# White Pine lake Adventure 8-2



## EvilTyeDyeTwin (Aug 9, 2011)

TDT and I have always backcountry skied White Pine Fork in Little Cottonwood Canyon every year. Over the years we have passed the White Pine Lake, never considering fishing it. That was the past, and today we felt that we needed to change that. Here is a shot from last season of TDT after coming off that face in the background.









We invited FlyFishingLover and Bscuderi, but both bailed on us...one with a friendly text...the other with a not so friendly no show. Just the 2 of us...good....no one to slow us down! With 5 miles to go, every adventure must start with the 1st step. Oddly enough this hike starts by going downhill.









We continued with the battle against gravity, gaining not only elevation, but good background views too.









But as far as we had come....we still had to PASS the mountain in the background!









A mile from the lake the views opended up and the flowers did too.









Call us hardcore, but being backcountry skiers, we avoided the last 3/4ths of a mile of the trail and boulder hopped/bushwacked our way up a short cut.
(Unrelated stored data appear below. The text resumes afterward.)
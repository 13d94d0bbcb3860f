-- ===== src/Chatstate/Store.antt =====
-- gateway/internal/chatstate/store.go: the state, its limits and the cleanup that most operations
-- begin with. `s.now()` is an argument of each operation, one for each reading that it makes.
use codex_runtime.Base.{
  ℕ, ◌+◌, ◌*◌, ◌/◌, Text, or_default, Bool, true, false, not, ◌&&◌, Option, none, some, List, [],
  Map, refine, count_values, length, ltb, if◌then◌else◌,
}
use codex_runtime.Chatstate.Types.{
  LimitOptions, Limits, Scope, RunRecord, EventRecord, expired, PendingRecord, IdempotencyState,
  in_flight, IdempotencyEntry, DiagnosticRecord,
}
use codex_runtime.Chatstate.Keys.{is_empty, is_open}

-- `panicked` is where a second close, or a send after a close, leaves the program.
pub data ChannelStatus : Type 0 where
  unmade open_channel closed_channel panicked : ChannelStatus

-- A Go channel with a buffer.
pub record Channel : Type 0 where
  pub status : ChannelStatus
  pub capacity : ℕ
  pub queue : List EventRecord

pub record ReplayBuffer : Type 0 where
  pub events : List EventRecord
  pub bytes : ℕ
  pub start_evicted_before_event_id : ℕ

-- `subscribers` holds the ids of `map[uint64]chan EventRecord` for each run, and `channels` the
-- channel that each id was given, which its receiver holds too.
pub record Store : Type 0 where
  pub epoch : Text
  pub limits : Limits
  pub next_event_id : ℕ
  pub next_subscriber_id : ℕ
  pub active_runs : Map RunRecord
  pub active_run_reservations : Map Scope
  pub replay : Map ReplayBuffer
  pub subscribers : Map (List ℕ)
  pub channels : ℕ → Channel
  pub pending : Map PendingRecord
  pub idempotency : Map IdempotencyEntry
  pub diagnostics : List DiagnosticRecord

abbrev pub millisecond : ℕ
millisecond = 1000000

-- `t.UnixMilli()`
abbrev pub unix_ms : ℕ → ℕ
unix_ms t = t / 1000000

-- `time.UnixMilli(ms)`
abbrev pub of_unix_ms : ℕ → ℕ
of_unix_ms ms = ms * 1000000

abbrev pub default_replay_max_events : ℕ
default_replay_max_events = 2000

-- 8 * domain.MiB
abbrev pub default_replay_max_bytes : ℕ
default_replay_max_bytes = 8388608

-- 30 minutes, for the replay buffer and for pending requests.
abbrev pub default_ttl : ℕ
default_ttl = 1800000000000

abbrev pub default_subscriber_queue : ℕ
default_subscriber_queue = 256

unfoldable pub normalize_limits : LimitOptions → Limits
normalize_limits limits = record {
  replay_max_events = or_default limits.replay_max_events default_replay_max_events;
  replay_max_bytes = or_default limits.replay_max_bytes default_replay_max_bytes;
  replay_ttl = or_default limits.replay_ttl default_ttl;
  pending_ttl = or_default limits.pending_ttl default_ttl;
  diagnostics_cap = or_default limits.diagnostics_cap 256;
  active_runs_cap = or_default limits.active_runs_cap 1000;
  pending_cap = or_default limits.pending_cap 1000;
  idempotency_cap = or_default limits.idempotency_cap 1000;
  subscriber_queue = or_default limits.subscriber_queue default_subscriber_queue;
}

abbrev pub no_channel : Channel
no_channel = record { status = unmade; capacity = 0; queue = [] }

-- `fmt_epoch` is `fmt.Sprintf("epoch-%d", …)`, applied to the clock where no epoch is given.
unfoldable pub new_store : (ℕ → Text) → ℕ → Text → LimitOptions → Store
new_store fmt_epoch now epoch limits = record {
  epoch = if is_empty epoch then fmt_epoch now else epoch;
  limits = normalize_limits limits;
  next_event_id = 0;
  next_subscriber_id = 0;
  active_runs = [];
  active_run_reservations = [];
  replay = [];
  subscribers = [];
  channels = λ id. no_channel;
  pending = [];
  idempotency = [];
  diagnostics = [];
}

-- The status that the passing of time leaves a pending request in.
unfoldable pub expire_pending : ℕ → PendingRecord → PendingRecord
expire_pending now r =
    if is_open r.status && ltb r.expires_at_unix_ms (unix_ms now)
    then record r { status = expired }
    else r

-- How long a request that is no longer open is kept.
unfoldable pub retain_until : ℕ → PendingRecord → ℕ
retain_until pending_ttl r =
    if ltb 0 r.resolved_at_unix_ms
    then of_unix_ms r.resolved_at_unix_ms + pending_ttl
    else of_unix_ms r.expires_at_unix_ms

-- The body of the first loop: the record to keep, or none to delete it.
unfoldable pub cleanup_pending : ℕ → ℕ → PendingRecord → Option PendingRecord
cleanup_pending now pending_ttl r =
    let r' = expire_pending now r in
    if not (is_open r'.status) && ltb (retain_until pending_ttl r') now then none else some r'

abbrev pub is_in_flight : IdempotencyState → Bool
is_in_flight in_flight = true
is_in_flight _ = false

-- The body of the second loop.
unfoldable pub cleanup_idempotency : ℕ → ℕ → IdempotencyEntry → Option IdempotencyEntry
cleanup_idempotency now replay_ttl entry =
    if not (is_in_flight entry.state) && ltb (of_unix_ms entry.updated_at_unix_ms + replay_ttl) now
    then none
    else some entry

unfoldable pub cleanup : ℕ → Store → Store
cleanup now s = record s {
  pending = refine (cleanup_pending now s.limits.pending_ttl) s.pending;
  idempotency = refine (cleanup_idempotency now s.limits.replay_ttl) s.idempotency;
}

abbrev pub is_open_pending : PendingRecord → Bool
is_open_pending r = is_open r.status

abbrev pub active_pending_count : Store → ℕ
active_pending_count s = count_values is_open_pending s.pending

abbrev pub active_run_capacity_used : Store → ℕ
active_run_capacity_used s = length s.active_runs + length s.active_run_reservations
The steep slope after the boulders in the pic below is as steep as it looks.









A pic showing how we avoided the "tourist trail"









Finally after several hours of hiking we got our 1st beautiful views of the lake!

















It took only 3 casts for TDT to nail the 1st fish of the day! This cutty was shinny and new.









Me...........I was leaning more twards the fly rod...and it only took 2 casts to nail my 1st cutty on the "Mini Olive Bunny".

















Soon TDT switched to fly rod and nailed 3 nice Cutthroat Trout

























My "rod, reel and fish" shot that those "orvis dorks" are so famous for.









TDT nailed his largest fish of the day on the fly.









And got yet another on the fly.









The scenery was just outstanding, and just demanded a picture. I am thinking about blowing up this shot. Simply paradise!









I got my brand spankin new waders/boots on and nailed my biggest Cutthroat of the day. This guy fought like hell.









With 1 hour to go, we decided to move to the inlet for faster action...it was a risky move.









However it was well worth it!

























We did not want to hike down in the dark...so at 6:30pm we started the long 5 mile hike back down. Our efforts were rewarded with great views.









A couple miles in, we turned yet another switch back corner......only to be greeted with the view of a mother moose and her calf....30 feet away! It was like the good, bad and the ugly. We quickly backed off, and headed straight into the bush. Lucky for us the next section of the trail was only 15 yards through the bush...even more lucky there was no noise of a mamma moose coming at us! So I snapped a pic when we finally quit running from the scene.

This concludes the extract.